言葉は自然でしょうか。私達自身を含めて、私達の周りのあらゆる存在を自然と言うなら、私達にある程度共通に内在化された言葉は、最も強力で最も基本的な自然だと思われます。言葉は私達の考えや心を表したり伝えたりする基本です。そして古来の言葉の語源を調べれば古代の人々、私達の遠い先祖の考え方やものの見方がわかるはずです。
「ひと」の語源は「ひ」=みたま、「と」=ところ、つまり大昔、人とは霊のところと考えられていたということです。「ひ」又「ち」は霊を表すことが多かったようです。「いのち」は「い」=息、「ち」=霊で、私達の命とは息の霊、つまり息をしている霊のことです。この言葉の発生はいつごろだったのでしょう、直接自然の命をいただく狩猟や採集を主な生業としていた縄文期のような気がいたします。
次に「さ」という音は稲の神を表すことがあります。
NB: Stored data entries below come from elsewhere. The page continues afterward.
-- ===== src/Json/Strings.antt =====
-- How far parseString of Plugins/FrameSolver/Standalone/v2/MiniJson.h reads.
use architect_simulator.Base.{
  ℕ, zero, suc, ◌+◌, ◌*◌, ◌≤◌, Bool, true, false, List, [], ◌∷◌, length, Option, none, some, arith,
  ltb, ◌==◌,
}
use architect_simulator.Json.{
  Parsed, parsed, failed, Mode, plain, escaped, hex, push, hex_digit, utf8, escape, read_string,
}

abbrev pub ShortParsed : ℕ → Parsed → Type 0
ShortParsed n (parsed r rest) = length rest ≤ n
ShortParsed n (failed why) = Unit

push-ShortParsed :
    (n m : ℕ) (bs : List ℕ) (p : Parsed) → n ≤ m → ShortParsed n p → ShortParsed m (push bs p)
push-ShortParsed n m bs (parsed r rest) l h = omega (arith, l, h)
push-ShortParsed n m bs (failed why) l h = tt

ShortParsed-le : (n m : ℕ) (p : Parsed) → n ≤ m → ShortParsed n p → ShortParsed m p
ShortParsed-le n m (parsed r rest) l h = omega (arith, l, h)
ShortParsed-le n m (failed why) l h = tt

pub read_string-ShortParsed : (m : Mode) (s : List ℕ) → ShortParsed (length s) (read_string m s)
unfolding read_string
read_string-ShortParsed plain [] = tt
read_string-ShortParsed escaped [] = tt
read_string-ShortParsed (hex left cp) [] = tt
read_string-ShortParsed plain (c ∷ cs) =
    go (c == 34) (c == 92) (ltb c 32) (read_string-ShortParsed escaped cs)
      (read_string-ShortParsed plain cs)
  where
    go :
        (a b d : Bool)
        → ShortParsed (length cs) (read_string escaped cs)
        → ShortParsed (length cs) (read_string plain cs)
        → ShortParsed (suc (length cs)) (elim a [
          | true ↦ parsed [] cs
          | false ↦ elim b [
            | true ↦ read_string escaped cs
            | false ↦ elim d [
              | true ↦ failed "raw control char in string (must be \\uXXXX escaped)"
              | false ↦ push (c ∷ []) (read_string plain cs)
            ]
          ]
        ])
    go true b d e p = omega arith
    go false true d e p = ShortParsed-le (length cs) _ (read_string escaped cs) (omega arith) e
    go false false true e p = tt
    go false false false e p =
        push-ShortParsed (length cs) _ (c ∷ []) (read_string plain cs) (omega arith) p
read_string-ShortParsed escaped (e ∷ cs) =
    go (e == 117) (ltb (length cs) 4) (escape e) (read_string-ShortParsed (hex 3 0) cs)
      (read_string-ShortParsed plain cs)
  where
    go :
        (a b : Bool) (o : Option ℕ)
        → ShortParsed (length cs) (read_string (hex 3 0) cs)
        → ShortParsed (length cs) (read_string plain cs)
        → ShortParsed (suc (length cs)) (elim a [
          | true ↦ elim b [ true ↦ failed "bad unicode escape" | false ↦ read_string (hex 3 0) cs ]
          | false ↦ elim o [
            | none ↦ failed "bad escape char"
            | some b ↦ push (b ∷ []) (read_string plain cs)
          ]
        ])
    go true true o h p = tt
    go true false o h p = ShortParsed-le (length cs) _ (read_string (hex 3 0) cs) (omega arith) h
    go false b none h p = tt
    go false b (some x) h p =
        push-ShortParsed (length cs) _ (x ∷ []) (read_string plain cs) (omega arith) p
read_string-ShortParsed (hex left cp) (h ∷ cs) =
    go (hex_digit h) left (λ k x. read_string-ShortParsed (hex k x) cs)
      (read_string-ShortParsed plain cs)
  where
    go :
        (o : Option ℕ) (left : ℕ)
        → ((k x : ℕ) → ShortParsed (length cs) (read_string (hex k x) cs))
        → ShortParsed (length cs) (read_string plain cs)
        → ShortParsed (suc (length cs)) (elim o [
          | none ↦ failed "bad hex digit"
          | some d ↦ elim left [
            | zero ↦ push (utf8 (cp * 16 + d)) (read_string plain cs)
            | suc k ↦ read_string (hex k (cp * 16 + d)) cs
          ]
        ])
    go none left f p = tt
    go (some d) zero f p =
        push-ShortParsed (length cs) _ (utf8 (cp * 16 + d)) (read_string plain cs) (omega arith) p
    go (some d) (suc k) f p =
        ShortParsed-le (length cs) _ (read_string (hex k (cp * 16 + d)) cs) (omega arith)
          (f k (cp * 16 + d))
「さなえ」は稲の神の宿る苗、「さつき」は稲の神の月、「さおとめ」は稲の神に仕える乙女、さらに「さくら」は一説に、「さ」=稲の神、「くら」=宿る座で稲の神が宿る花とも考えられます。「いね」はと言えば、昔はいなわらに寝たことから、又いのちの根が語源という説もあります。
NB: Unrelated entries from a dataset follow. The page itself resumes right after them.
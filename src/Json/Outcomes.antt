-- ===== src/Json/Outcomes.antt =====
-- Outcomes of the readers of Plugins/FrameSolver/Standalone/v2/MiniJson.h that are no lack of fuel.
use architect_simulator.Base.{
  ℕ, suc, ◌≤◌, Bool, true, false, List, [], ◌∷◌, length, none, if◌then◌else◌, arith, ◌==◌,
}
use architect_simulator.Json.{Parsed, parsed, failed}
use architect_simulator.Json.Number.{Scan, scanned, refused, Number}
use architect_simulator.Json.Strings.{ShortParsed}
use architect_simulator.Json.Lengths.{Short, IsRange}
use architect_simulator.Json.Value.{null, bool, Fields}
use architect_simulator.Json.Proper.{Distinct, IsProper, FieldsProper}
use architect_simulator.Json.Parse.{
  Outcome, read, stopped, unfinished, then_read, is_space, skip, strip, or_stop, string_outcome,
  number_outcome, parse_bool, parse_null,
}

-- An outcome that is no lack of fuel, and whose rest is no longer than so many bytes.
abbrev pub Good : {A : Type 0} → ℕ → (A → Type 0) → Outcome A → Type 0
Good n P (read v rest) = (length rest ≤ n) × P v
Good n P (stopped why) = Unit
Good n P unfinished = ⊥

pub Good-then :
    {A B : Type 0} (n m : ℕ) (P : A → Type 0) (Q : B → Type 0) (o : Outcome A)
    (f : A → List ℕ → Outcome B)
    → Good n P o
    → ((v : A) (rest : List ℕ) → length rest ≤ n → P v → Good m Q (f v rest))
    → Good m Q (then_read o f)
Good-then n m P Q (read v rest) f g k = k v rest g.0 g.1
Good-then n m P Q (stopped why) f g k = tt
Good-then n m P Q unfinished f g k = g

pub Good-le :
    {A : Type 0} (n m : ℕ) (P : A → Type 0) (o : Outcome A) → n ≤ m → Good n P o → Good m P o
Good-le n m P (read v rest) l g = (omega (arith, g.0, l), g.1)
Good-le n m P (stopped why) l g = tt
Good-le n m P unfinished l g = g

pub length-skip : (s : List ℕ) → length (skip s) ≤ length s
unfolding skip
length-skip [] = omega arith
length-skip (c ∷ cs) = go (is_space c) (length-skip cs)
  where
    go :
        (b : Bool)
        → length (skip cs) ≤ length cs
        → length (if b then skip cs else c ∷ cs) ≤ suc (length cs)
    go true l = omega (arith, l)
    go false l = omega arith

abbrev pub Any : {A : Type 0} → A → Type 0
Any a = Unit

length-strip :
    (ws s : List ℕ) (n : ℕ) {A : Type 0} (P : A → Type 0) (a : A) (o : Outcome A)
    → length s ≤ n
    → P a
    → Good n P o
    → Good n P (or_stop a (strip ws s) o)
unfolding strip
length-strip [] s n P a o l p g = (l, p)
length-strip (w ∷ ws) [] n P a o l p g = g
length-strip (w ∷ ws) (c ∷ cs) n P a o l p g =
    go (w == c) (length-strip ws cs n P a o (omega (arith, l)) p g)
  where
    go :
        (b : Bool)
        → Good n P (or_stop a (strip ws cs) o)
        → Good n P (or_stop a (if b then strip ws cs else none) o)
    go true h = h
    go false h = g

module _ {D : Type 0} (strtod : List ℕ → D) (is_finite : D → Bool) where
  abbrev pub ProperFields : ℕ → Fields D → Type 0
  ProperFields depth o = FieldsProper is_finite depth o × Distinct o

  pub string_outcome-Good :
      (n depth : ℕ) (p : Parsed)
      → ShortParsed n p
      → Good n (IsProper is_finite depth) (string_outcome strtod is_finite p)
  unfolding IsProper
  string_outcome-Good n depth (parsed s rest) h = (h, tt)
  string_outcome-Good n depth (failed why) h = tt

  pub number_outcome-Good :
      (n depth : ℕ) (p : Scan (Number D))
      → Short n (IsRange is_finite) p
      → Good n (IsProper is_finite depth) (number_outcome strtod is_finite p)
  unfolding IsProper
  number_outcome-Good n depth (scanned a rest) h = h
  number_outcome-Good n depth (refused why) h = tt

  pub parse_bool-Good :
      (depth : ℕ) (s : List ℕ)
      → Good (length s) (IsProper is_finite depth) (parse_bool strtod is_finite s)
  unfolding parse_bool IsProper
  parse_bool-Good depth s =
      length-strip (116 ∷ 114 ∷ 117 ∷ 101 ∷ []) s (length s) (IsProper is_finite depth) (bool true)
        _ (omega arith) tt
        (length-strip (102 ∷ 97 ∷ 108 ∷ 115 ∷ 101 ∷ []) s (length s) (IsProper is_finite depth)
          (bool false) (stopped "expected 'true' or 'false'") (omega arith) tt tt)

  pub parse_null-Good :
      (depth : ℕ) (s : List ℕ)
      → Good (length s) (IsProper is_finite depth) (parse_null strtod is_finite s)
  unfolding parse_null IsProper
  parse_null-Good depth s =
      length-strip (110 ∷ 117 ∷ 108 ∷ 108 ∷ []) s (length s) (IsProper is_finite depth) null
        (stopped "expected 'null'") (omega arith) tt tt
「さ」が稲の神をも表すようになるのは稲作文化の開花期だったと想像するのですが、「はる」と「あき」の語源の一説も稲作に関係しています。田んぼに水を「はる」季節が春、稲が収穫され田んぼが「あき」となる頃が秋ということです。
では、「おむすび」です。「お」は丁寧語、「むすび」の元は「むすひ」でした。「むす」=生す、産す、「ひ」=霊で、「むすび」とはあらゆるものを産み成す神霊のことを表しました。その「むすひ」の力によってできた一粒一粒の米をぎゅっとむすんでいただくものが「おむすび」というわけです。
また、「いのる」については、「い」=斎(いわう、神聖な行為)、「のる」=のべる、つまり祈るとは、神聖な気持ちを申し上げることです。
いかに日本の古い言葉が神道に直結しているかがわかります。まさに神道とは古い言葉のことではないかと思えるほどです。これら神道に直結する古い言葉の意味は、四世紀以降に広まった漢字文化の蔭に隠れがちですが、日本文化の大本を理解しようとする時、以上のような日本語の語源を見ますと目から鱗です。
それにしてもこのような日本語を毎日使っているということは、その古い意味は意識しなくとも、意識の底には、昔からの神霊信仰や稲作文化といった先祖達の生活に積み重ねられた神道的な言語が、これが我々の自然なのだよと言っている如く、横たわっているものと思われます。神道が今日に至るまで途絶えることなく繋がってきたのは、一つに古来の言語を散りばめた日本語キーボードが私達の自然になっているお蔭かもしれません。